Department of Pharmacy, Zikei Hospital, Zikei Institute of Psychiatry, 100-2 Urayasu Honmachi, Minami-Ku, Okayama-shi, Okayama, 702-8508, Japan.
Department of Pharmacy, Tokyo Medical University Hachioji Medical Center, 1163 Tatemachi, Hachioji, Tokyo, 193-0988, Japan.
Eur J Clin Pharmacol. 2024 Dec;80(12):1883-1892. doi: 10.1007/s00228-024-03748-9. Epub 2024 Sep 12.
The effects of first-generation antihistamines in preventing postoperative emergence agitation or delirium are unclear. Determining the postoperative effects of first-generation antihistamines may provide important insights into the management of patient safety. Therefore, we performed a systematic review of randomized controlled trials (RCTs) evaluating the efficacy and safety of postoperative first-generation antihistamines.

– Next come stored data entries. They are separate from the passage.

-- ===== src/Agent/Action/Attempting.antt =====
-- agent_action_attempt.go and `publishCanonicalPlan` of waiting_approval.go: an attempt at an action
-- begun and completed. The result that comes beside false, which no caller uses, is an error here.
use sre_agent_gitops.Prelude.{
  Bool, Sha256, String, not, ltb, ◌!=◌, ◌==◌, ◌&&◌, text_eq, if◌then◌else◌, Time,
}
use sre_agent_gitops.Prelude.Method.{
  Method, Result, err, fail_if, fails, ok, returns, ◌>>=◌, ◌>>◌, map_error,
}
use sre_agent_gitops.Incident.{Claim, Incident}
use sre_agent_gitops.Incident.Registry.{claim}
use sre_agent_gitops.Remediation.Keys.{ExecutionKey}
use sre_agent_gitops.Remediation.Attempt.{
  ActionAttempt, failed, started, status_eq, succeeded, CompleteActionAttemptCommand,
}
use sre_agent_gitops.Remediation.Attempt.Store.{begin, complete, recover}
use sre_agent_gitops.Remediation.Verification.{VerificationSubject}
use sre_agent_gitops.Approval.{Plan}
use sre_agent_gitops.Approval.PlanStore.{publish}
use sre_agent_gitops.Agent.Action.{
  ActionAgent, Given, World, begin_verification, coded, on_attempts, on_incidents, on_plans,
}

abbrev pub execution_key : Incident → Plan → Claim → ExecutionKey
execution_key current plan granted = record {
  incident_id = current.id;
  plan_hash = plan.hash;
  target_uid = plan.target.uid;
  fencing_token = granted.incident.version;
}

module _ (agent : ActionAgent) (sha : Sha256) (given : Given) where
  unfoldable pub publish_canonical_plan : Plan → Method World String Unit
  publish_canonical_plan plan = do
    fail_if (not agent.has_plans) "canonical plan store is not configured"
    on_plans (coded "publish canonical remediation plan") (publish sha (given.ctx 3) plan)

  -- a started attempt of an earlier holder is given up, and verified
  abbrev pub give_up :
      Incident → Claim → ExecutionKey → VerificationSubject → Method World String ActionAttempt
  give_up current granted key subject = do
    recovered ← on_attempts (coded "ACTION_ATTEMPT_RECOVERY_FAILED") (
        recover (given.ctx 6) (record {
          key = key;
          recovered_at = given.now 6;
          reason_code = "PREVIOUS_EXECUTOR_LOST";
        }))
    begin_verification agent (given.ctx 7) (given.now 7) granted.incident recovered.0
        key.fencing_token subject
    fails "PREVIOUS_EXECUTOR_LOST"

  -- an attempt that has ended is verified
  abbrev pub skip_ended :
      Claim → ExecutionKey → VerificationSubject → ActionAttempt → Method World String ActionAttempt
  skip_ended granted key subject attempt = do
    begin_verification agent (given.ctx 7) (given.now 7) granted.incident attempt key.fencing_token
        subject
    fails "DUPLICATE_ACTION_ATTEMPT"

  -- `if !created`
  abbrev pub existing_attempt :
      Incident
      → Claim
      → ExecutionKey
      → VerificationSubject
      → ActionAttempt
      → Method World String ActionAttempt
  existing_attempt current granted key subject attempt =
      if attempt.status == started && ltb attempt.key.fencing_token key.fencing_token
      then give_up current granted key subject
      else if attempt.status != started
      then skip_ended granted key subject attempt
      else fails "DUPLICATE_ACTION_ATTEMPT"

  -- what follows `Begin`
  abbrev pub after_begin :
      Incident
      → Claim
      → ExecutionKey
      → VerificationSubject
      → ActionAttempt × Bool
      → Method World String ActionAttempt
  after_begin current granted key subject begun =
      if begun.1 then returns begun.0 else existing_attempt current granted key subject begun.0

  -- The plan published and the incident claimed.
  unfoldable pub fence_action : Incident → Plan → Method World String Claim
  fence_action current plan = do
    fail_if (not agent.has_action_attempts) "ACTION_ATTEMPT_BEGIN_FAILED"
    fail_if (not agent.has_plans) "ACTION_ATTEMPT_BEGIN_FAILED"
    fail_if (plan.incident_id != current.id) "ACTION_ATTEMPT_BEGIN_FAILED"
    map_error (coded "ACTION_ATTEMPT_BEGIN_FAILED") (publish_canonical_plan plan)
    on_incidents (coded "INCIDENT_ACTION_FENCE_FAILED") (
        claim (given.ctx 4) (record {
          incident_id = current.id;
          expected_version = current.version;
          holder_id = agent.config.incident_claim_holder_id;
          now = given.now 4;
          lease_duration = agent.config.incident_claim_lease_duration;
        }))

  abbrev pub begin_fenced :
      Incident → Plan → VerificationSubject → Claim → Method World String ActionAttempt
  begin_fenced current plan subject granted = do
    let key = execution_key current plan granted
    begun ←
        on_attempts (coded "ACTION_ATTEMPT_BEGIN_FAILED")
          (begin sha.hex12 (given.ctx 5) (record { key = key; started_at = given.now 5 }))
    after_begin current granted key subject begun

  -- `beginActionAttempt`
  unfoldable pub begin_action_attempt :
      Incident → Plan → VerificationSubject → Method World String ActionAttempt
  begin_action_attempt current plan subject = do
    granted ← fence_action current plan
    begin_fenced current plan subject granted

  -- the status and the error code of an outcome
  abbrev completion : ActionAttempt → Time → Result String Unit → CompleteActionAttemptCommand
  completion attempt now (ok done) = record {
    key = attempt.key;
    expected_version = attempt.version;
    to = succeeded;
    finished_at = now;
    error_code = "";
  }
  completion attempt now (err e) = record {
    key = attempt.key;
    expected_version = attempt.version;
    to = failed;
    finished_at = now;
    error_code = "KUBERNETES_ACTION_FAILED";
  }

  -- `completeActionAttempt`
  unfoldable pub complete_action_attempt :
      ActionAttempt → Result String Unit → Method World String ActionAttempt
  complete_action_attempt attempt outcome = do
    fail_if (not agent.has_action_attempts) "ACTION_ATTEMPT_RESULT_PERSIST_FAILED"
    on_attempts (coded "ACTION_ATTEMPT_RESULT_PERSIST_FAILED")
        (complete (given.ctx 9) (completion attempt (given.now 9) outcome))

Patients who used first-generation antihistamines in the intensive care unit or operating room were included. Primary outcomes were assessed postoperative emergence agitation or delirium with binary and continuous variables. The secondary outcome was any adverse event.
Nine studies were included. The frequency of postoperative emergence agitation, measured using binary variables, tended to be lower in patients receiving chlorpheniramine or diphenhydramine than those receiving saline. However, evaluation using the Richmond Agitation-Sedation Scale as a continuous variable revealed that only chlorpheniramine was effective at lowering postoperative emergence agitation. Only one study assessed delirium but found no benefit of first-generation antihistamines. Adverse events for first-generation antihistamines did not differ from that of other drugs.
Our results provide limited evidence that some first-generation antihistamines may prevent postoperative emergence agitation and are safe. To further verify this possibility, new RCTs with clear and universal assessment criteria for postoperative emergence agitation or delirium should be conducted.
第一代抗组胺药预防术后苏醒期躁动或谵妄的效果尚不清楚。确定第一代抗组胺药的术后效果可能为患者安全管理提供重要的见解。因此,我们对评估术后第一代抗组胺药疗效和安全性的随机对照试验(RCT)进行了系统评价。
纳入在重症监护病房或手术室使用第一代抗组胺药的患者。主要结局是使用二分类和连续变量评估术后苏醒期躁动或谵妄。次要结局是任何不良事件。
共纳入 9 项研究。使用二分类变量衡量的术后苏醒期躁动发生率,接受氯苯那敏或苯海拉明的患者比接受生理盐水的患者低,但使用Richmond 躁动-镇静量表作为连续变量评估时,只有氯苯那敏可有效降低术后苏醒期躁动。仅有一项研究评估了谵妄,但未发现第一代抗组胺药的获益。第一代抗组胺药的不良事件与其他药物无差异。
我们的结果提供了有限的证据表明,一些第一代抗组胺药可能预防术后苏醒期躁动,且安全。为了进一步验证这种可能性,应开展具有明确和通用的术后苏醒期躁动或谵妄评估标准的新 RCT。